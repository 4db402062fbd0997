-- ===== src/Nonces.antt =====
-- libraries/dbal/production/src/security/nonce: the store of nonces against replayed requests. The
-- map has no order, and nothing reads one: it is a map in the order of its keys here.
pub mod Replay
pub mod Expiry
use dbal.Prelude.{
  ℕ, ◌+◌, ◌-◌, ◌*◌, ◌/◌, String, Bool, true, false, Option, none, some, List, [], ◌∷◌, ltb, leb,
  length, if◌then◌else◌,
}
use dbal.Map.{Map, contains, insert}

pub record NonceStorage : Type 0 where
  pub nonces : Map ℕ
  pub last_cleanup : ℕ
  pub expiry_seconds : ℕ
  pub cleanup_interval_seconds : ℕ

-- The constructor of NonceStore.
abbrev pub nonce_store : ℕ → ℕ → NonceStorage
nonce_store expiry interval = record {
  nonces = [];
  last_cleanup = 0;
  expiry_seconds = expiry;
  cleanup_interval_seconds = interval;
}

unfoldable pub nonce_check_and_store : String → ℕ → NonceStorage → Bool × NonceStorage
nonce_check_and_store nonce now storage =
    if contains nonce storage.nonces
    then (false, storage)
    else (true, record storage { nonces = insert nonce now storage.nonces })

unfoldable pub nonce_size : NonceStorage → ℕ
nonce_size storage = length storage.nonces

-- The three readings of the clock under the lock.
pub record Readings : Type 0 where
  pub elapsed_at : ℕ
  pub cleaned_at : ℕ
  pub stored_at : ℕ

-- The calls that change a store, which its mutex puts in an order.
pub data NonceCall : Type 0 where
  check_call : String → Readings → NonceCall
  cleanup_call : ℕ → NonceCall

-- The steady clock counts `tick` ticks in a second, and does not go back.
module _ (tick : ℕ) where
  -- The entry is older than the cutoff, `now - seconds(expiry)`.
  abbrev pub is_expired : ℕ → ℕ → ℕ → Bool
  is_expired now expiry time = ltb (time + expiry * tick) now

  unfoldable pub erase_expired : ℕ → ℕ → Map ℕ → Map ℕ
  erase_expired now expiry [] = []
  erase_expired now expiry ((nonce, time) ∷ m) =
      let rest = erase_expired now expiry m in
      if is_expired now expiry time then rest else (nonce, time) ∷ rest

  unfoldable pub nonce_cleanup : ℕ → NonceStorage → NonceStorage
  unfolding erase_expired
  nonce_cleanup now storage = record storage {
    nonces = erase_expired now storage.expiry_seconds storage.nonces;
    last_cleanup = now;
  }

  -- `now` is the reading of this function, and `later` that of the cleanup.
  unfoldable pub nonce_maybe_cleanup : ℕ → ℕ → NonceStorage → NonceStorage
  unfolding nonce_cleanup
  nonce_maybe_cleanup now later storage =
      if leb storage.cleanup_interval_seconds ((now - storage.last_cleanup) / tick)
      then nonce_cleanup later storage
      else storage

  unfoldable pub check_and_store : String → Readings → NonceStorage → Bool × NonceStorage
  unfolding nonce_maybe_cleanup nonce_check_and_store
  check_and_store nonce t storage =
      nonce_check_and_store nonce t.stored_at
        (nonce_maybe_cleanup t.elapsed_at t.cleaned_at storage)

  unfoldable pub call : NonceCall → NonceStorage → NonceStorage
  unfolding check_and_store nonce_cleanup
  call (check_call nonce t) storage = (check_and_store nonce t storage).1
  call (cleanup_call now) storage = nonce_cleanup now storage

  unfoldable pub calls : List NonceCall → NonceStorage → NonceStorage
  calls [] storage = storage
  calls (x ∷ xs) storage = calls xs (call x storage)
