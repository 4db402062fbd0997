-- ===== src/Nonces/Expiry.antt =====
-- libraries/dbal/production/src/security/nonce: what a cleanup leaves of the nonces.
use dbal.Prelude.{
  ℕ, ◌+◌, ◌-◌, ◌*◌, ◌/◌, ◌≤◌, ◌<◌, ◌≡◌, refl, sym, ap, ◌∙◌, subst, String, true, false, none, some,
  List, [], ◌∷◌, leb, arith, str_eq, eq_iff, Bool-cases, inl, inr,
}
use dbal.Map.{Map, contains, lookup}
use dbal.Map.Order.{Above, IsOrdered, Above-weaken, Above-IsOrdered, insert-IsOrdered, lookup-Above}
use dbal.Nonces.{
  NonceStorage, nonce_store, nonce_check_and_store, is_expired, erase_expired, nonce_maybe_cleanup,
  Readings, check_and_store, NonceCall, check_call, cleanup_call, call, calls,
}

module _ (tick : ℕ) where
  erase_expired-Above :
      (k : String) (now expiry : ℕ) (m : Map ℕ)
      → Above k m
      → Above k (erase_expired tick now expiry m)
  unfolding erase_expired
  erase_expired-Above k now expiry [] h = h
  erase_expired-Above k now expiry ((j, t) ∷ m) h =
      elim (Bool-cases (is_expired tick now expiry t)) [
        | inl e ↦ rw e (Above-weaken k j _ h.0 (erase_expired-Above j now expiry m h.1))
        | inr e ↦ rw e (h.0, erase_expired-Above j now expiry m h.1)
      ]

  erase_expired-IsOrdered :
      (now expiry : ℕ) (m : Map ℕ) → IsOrdered m → IsOrdered (erase_expired tick now expiry m)
  unfolding erase_expired
  erase_expired-IsOrdered now expiry [] h = h
  erase_expired-IsOrdered now expiry ((j, t) ∷ m) h =
      elim (Bool-cases (is_expired tick now expiry t)) [
        | inl e ↦ rw e (Above-IsOrdered j _ (erase_expired-Above j now expiry m h))
        | inr e ↦ rw e (erase_expired-Above j now expiry m h)
      ]

  -- An expired nonce is gone after a cleanup.
  lookup-erase_expired_old :
      (nonce : String) (now expiry time : ℕ) (m : Map ℕ)
      → IsOrdered m
      → lookup nonce m ≡ some time
      → is_expired tick now expiry time ≡ true
      → lookup nonce (erase_expired tick now expiry m) ≡ none
  unfolding lookup erase_expired
  lookup-erase_expired_old nonce now expiry time [] o h old = refl
  lookup-erase_expired_old nonce now expiry time ((j, t) ∷ m) o h old =
      elim (Bool-cases (str_eq j nonce)) [
        | inl same ↦
            let is_time : t ≡ time = ground arith in
            let gone : is_expired tick now expiry t ≡ true =
              subst (λ (k : ℕ). is_expired tick now expiry k ≡ true) (sym is_time) old in
            rw gone (
              lookup-Above nonce _ (
                subst (λ (k : String). Above k (erase_expired tick now expiry m))
                  ((eq_iff j nonce).0 same) (erase_expired-Above j now expiry m o)))
        | inr other ↦
            let rest =
              lookup-erase_expired_old nonce now expiry time m (Above-IsOrdered j m o)
                (rw other at h) old in
            ground arith
      ]

  nonce_maybe_cleanup-IsOrdered :
      (now later : ℕ) (s : NonceStorage)
      → IsOrdered s.nonces
      → IsOrdered (nonce_maybe_cleanup tick now later s).nonces
  unfolding nonce_maybe_cleanup
  nonce_maybe_cleanup-IsOrdered now later s h =
      elim (Bool-cases (leb s.cleanup_interval_seconds ((now - s.last_cleanup) / tick))) [
        | inl e ↦ rw e (erase_expired-IsOrdered later s.expiry_seconds s.nonces h)
        | inr e ↦ rw e h
      ]

  nonce_check_and_store-IsOrdered :
      (nonce : String) (now : ℕ) (s : NonceStorage)
      → IsOrdered s.nonces
      → IsOrdered (nonce_check_and_store nonce now s).1.nonces
  unfolding nonce_check_and_store
  nonce_check_and_store-IsOrdered nonce now s h = elim (Bool-cases (contains nonce s.nonces)) [
    | inl e ↦ rw e h
    | inr e ↦ rw e (insert-IsOrdered nonce now s.nonces h)
  ]

  call-IsOrdered :
      (x : NonceCall) (s : NonceStorage) → IsOrdered s.nonces → IsOrdered (call tick x s).nonces
  unfolding call
  call-IsOrdered (check_call nonce r) s h =
      nonce_check_and_store-IsOrdered nonce r.stored_at _
        (nonce_maybe_cleanup-IsOrdered r.elapsed_at r.cleaned_at s h)
  call-IsOrdered (cleanup_call now) s h = erase_expired-IsOrdered now s.expiry_seconds s.nonces h

  calls-IsOrdered :
      (xs : List NonceCall) (s : NonceStorage)
      → IsOrdered s.nonces
      → IsOrdered (calls tick xs s).nonces
  unfolding calls
  calls-IsOrdered [] s h = h
  calls-IsOrdered (x ∷ xs) s h = calls-IsOrdered xs _ (call-IsOrdered x s h)

  cleaned :
      (now later : ℕ) (s : NonceStorage)
      → s.cleanup_interval_seconds ≤ (now - s.last_cleanup) / tick
      → (nonce_maybe_cleanup tick now later s).nonces
        ≡ erase_expired tick later s.expiry_seconds s.nonces
  unfolding nonce_maybe_cleanup
  cleaned now later s due =
      let e : leb s.cleanup_interval_seconds ((now - s.last_cleanup) / tick) ≡ true =
        ground arith in
      rw e refl

  unknown :
      (nonce : String) (now : ℕ) (s : NonceStorage)
      → lookup nonce s.nonces ≡ none
      → (nonce_check_and_store nonce now s).0 ≡ true
  unfolding nonce_check_and_store contains
  unknown nonce now s h =
      let e : contains nonce s.nonces ≡ false = rw (h, contains) refl in rw e refl

  accepted :
      (nonce : String) (time : ℕ) (r : Readings) (s : NonceStorage)
      → IsOrdered s.nonces
      → lookup nonce s.nonces ≡ some time
      → time + s.expiry_seconds * tick < r.cleaned_at
      → s.cleanup_interval_seconds ≤ (r.elapsed_at - s.last_cleanup) / tick
      → (check_and_store tick nonce r s).0 ≡ true
  unfolding check_and_store
  accepted nonce time r s o h old due =
      let expired : is_expired tick r.cleaned_at s.expiry_seconds time ≡ true = ground arith in
      unknown nonce r.stored_at _ (
        ap (lookup nonce) (cleaned r.elapsed_at r.cleaned_at s due)
        ∙ lookup-erase_expired_old nonce r.cleaned_at s.expiry_seconds time s.nonces o h expired)

  -- In a store after any calls, a nonce that has expired is accepted once more, if a cleanup is due.
  pub check_and_store-again :
      (expiry interval : ℕ) (xs : List NonceCall) (nonce : String) (time : ℕ) (r : Readings)
      → lookup nonce (calls tick xs (nonce_store expiry interval)).nonces ≡ some time
      → time + (calls tick xs (nonce_store expiry interval)).expiry_seconds * tick < r.cleaned_at
      → (calls tick xs (nonce_store expiry interval)).cleanup_interval_seconds
        ≤ (r.elapsed_at - (calls tick xs (nonce_store expiry interval)).last_cleanup) / tick
      → (check_and_store tick nonce r (calls tick xs (nonce_store expiry interval))).0 ≡ true
  unfolding check_and_store
  check_and_store-again expiry interval xs nonce time r h old due =
      accepted nonce time r (calls tick xs (nonce_store expiry interval))
        (calls-IsOrdered xs (nonce_store expiry interval) tt) h old due
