-- ===== src/Nonces/Replay.antt =====
-- libraries/dbal/production/src/security/nonce: what the calls keep of a nonce that they
-- have stored.
use dbal.Prelude.{
  ℕ, ◌+◌, ◌-◌, ◌*◌, ◌/◌, ◌≤◌, ◌≡◌, refl, sym, subst, String, true, false, some, List, [], ◌∷◌, leb,
  arith, eq_iff, Bool-cases, inl, inr,
}
use dbal.Map.{Map, contains, lookup, lookup-insert, lookup-insert_self}
use dbal.Nonces.{
  NonceStorage, nonce_check_and_store, is_expired, erase_expired, nonce_cleanup,
  nonce_maybe_cleanup, Readings, check_and_store, NonceCall, check_call, cleanup_call, call, calls,
}

module _ (tick : ℕ) where
  -- What a cleanup leaves of a young nonce.
  lookup-erase_expired :
      (nonce : String) (now expiry time : ℕ) (m : Map ℕ)
      → lookup nonce m ≡ some time
      → is_expired tick now expiry time ≡ false
      → lookup nonce (erase_expired tick now expiry m) ≡ some time
  unfolding lookup erase_expired
  lookup-erase_expired nonce now expiry time [] h young = h
  lookup-erase_expired nonce now expiry time ((k, t) ∷ m) h young =
      ground (arith, lookup-erase_expired nonce now expiry time m, eq_iff k nonce)

  -- The store has the nonce from the time `t` on, and forgets it after `expiry` seconds.
  Knows : String → ℕ → ℕ → NonceStorage → Type 0
  Knows nonce t expiry s = (lookup nonce s.nonces ≡ some t) × (s.expiry_seconds ≡ expiry)

  nonce_cleanup-Knows :
      (nonce : String) (t expiry now : ℕ) (s : NonceStorage)
      → Knows nonce t expiry s
      → now ≤ t + expiry * tick
      → Knows nonce t expiry (nonce_cleanup tick now s)
  unfolding Knows nonce_cleanup
  nonce_cleanup-Knows nonce t expiry now s h young =
      let not_expired : is_expired tick now s.expiry_seconds t ≡ false =
        subst (λ (e : ℕ). is_expired tick now e t ≡ false) (sym h.1) (ground arith) in
      (lookup-erase_expired nonce now s.expiry_seconds t s.nonces h.0 not_expired, h.1)

  nonce_maybe_cleanup-Knows :
      (nonce : String) (t expiry now later : ℕ) (s : NonceStorage)
      → Knows nonce t expiry s
      → later ≤ t + expiry * tick
      → Knows nonce t expiry (nonce_maybe_cleanup tick now later s)
  unfolding nonce_maybe_cleanup
  nonce_maybe_cleanup-Knows nonce t expiry now later s h young =
      elim (Bool-cases (leb s.cleanup_interval_seconds ((now - s.last_cleanup) / tick))) [
        | inl e ↦ rw e (nonce_cleanup-Knows nonce t expiry later s h young)
        | inr e ↦ rw e h
      ]

  nonce_check_and_store-Knows :
      (nonce other : String) (t expiry now : ℕ) (s : NonceStorage)
      → Knows nonce t expiry s
      → Knows nonce t expiry (nonce_check_and_store other now s).1
  unfolding Knows nonce_check_and_store contains
  nonce_check_and_store-Knows nonce other t expiry now s h =
      ground (arith, lookup-insert other nonce now s.nonces, eq_iff other nonce)

  check_and_store-Knows :
      (nonce other : String) (t expiry : ℕ) (r : Readings) (s : NonceStorage)
      → Knows nonce t expiry s
      → r.cleaned_at ≤ t + expiry * tick
      → Knows nonce t expiry (check_and_store tick other r s).1
  unfolding check_and_store
  check_and_store-Knows nonce other t expiry r s h young =
      nonce_check_and_store-Knows nonce other t expiry r.stored_at _
        (nonce_maybe_cleanup-Knows nonce t expiry r.elapsed_at r.cleaned_at s h young)

  -- The clock of each cleanup in the calls reads the deadline at most.
  abbrev pub Within : ℕ → List NonceCall → Type 0
  Within deadline [] = Unit
  Within deadline (check_call nonce r ∷ xs) = (r.cleaned_at ≤ deadline) × Within deadline xs
  Within deadline (cleanup_call now ∷ xs) = (now ≤ deadline) × Within deadline xs

  calls-Knows :
      (nonce : String) (t expiry : ℕ) (xs : List NonceCall) (s : NonceStorage)
      → Knows nonce t expiry s
      → Within (t + expiry * tick) xs
      → Knows nonce t expiry (calls tick xs s)
  unfolding calls call
  calls-Knows nonce t expiry [] s h young = h
  calls-Knows nonce t expiry (check_call other r ∷ xs) s h young =
      calls-Knows nonce t expiry xs _ (check_and_store-Knows nonce other t expiry r s h young.0)
        young.1
  calls-Knows nonce t expiry (cleanup_call now ∷ xs) s h young =
      calls-Knows nonce t expiry xs _ (nonce_cleanup-Knows nonce t expiry now s h young.0) young.1

  refused :
      (nonce : String) (t expiry now : ℕ) (s : NonceStorage)
      → Knows nonce t expiry s
      → (nonce_check_and_store nonce now s).0 ≡ false
  unfolding nonce_check_and_store contains Knows
  refused nonce t expiry now s h =
      let known : contains nonce s.nonces ≡ true = rw (h.0, contains) refl in rw known refl

  accepted-Knows :
      (nonce : String) (now : ℕ) (s : NonceStorage)
      → (nonce_check_and_store nonce now s).0 ≡ true
      → Knows nonce now s.expiry_seconds (nonce_check_and_store nonce now s).1
  unfolding nonce_check_and_store Knows
  accepted-Knows nonce now s h = elim (Bool-cases (contains nonce s.nonces)) [
    | inl e ↦ absurd (ground arith)
    | inr e ↦ rw e (lookup-insert_self nonce now s.nonces, refl)
  ]

  cleanup-expiry :
      (now later : ℕ) (s : NonceStorage)
      → (nonce_maybe_cleanup tick now later s).expiry_seconds ≡ s.expiry_seconds
  unfolding nonce_maybe_cleanup
  cleanup-expiry now later s = ground arith

  -- A nonce that was accepted is refused, after any calls, until it is older than the expiry: as long
  -- as no cleanup reads a later time.
  pub check_and_store-replay :
      (nonce : String) (r : Readings) (xs : List NonceCall) (r' : Readings) (s : NonceStorage)
      → (check_and_store tick nonce r s).0 ≡ true
      → Within (r.stored_at + s.expiry_seconds * tick) xs
      → r'.cleaned_at ≤ r.stored_at + s.expiry_seconds * tick
      → (check_and_store tick nonce r' (calls tick xs (check_and_store tick nonce r s).1)).0 ≡ false
  unfolding check_and_store
  check_and_store-replay nonce r xs r' s h young young' =
      let cleaned = nonce_maybe_cleanup tick r.elapsed_at r.cleaned_at s in
      let known =
        subst (λ (e : ℕ). Knows nonce r.stored_at e (check_and_store tick nonce r s).1)
          (cleanup-expiry r.elapsed_at r.cleaned_at s)
          (accepted-Knows nonce r.stored_at cleaned h) in
      let after = calls-Knows nonce r.stored_at s.expiry_seconds xs _ known young in
      refused nonce r.stored_at s.expiry_seconds r'.stored_at _ (
        nonce_maybe_cleanup-Knows nonce r.stored_at s.expiry_seconds r'.elapsed_at r'.cleaned_at _
          after young')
= = = = = = =
**WORK REQUIRED:** Out of the data above, set down the lines from the one with "elim (Bool-cases (str_eq" to the one with "subst (λ (k : String).", both included, exactly as written and with no additions.

**OUTPUT FOR THIS EXERCISE:**
      elim (Bool-cases (str_eq j nonce)) [
        | inl same ↦
            let is_time : t ≡ time = ground arith in
            let gone : is_expired tick now expiry t ≡ true =
              subst (λ (k : ℕ). is_expired tick now expiry k ≡ true) (sym is_time) old in
            rw gone (
              lookup-Above nonce _ (
                subst (λ (k : String). Above k (erase_expired tick now expiry m))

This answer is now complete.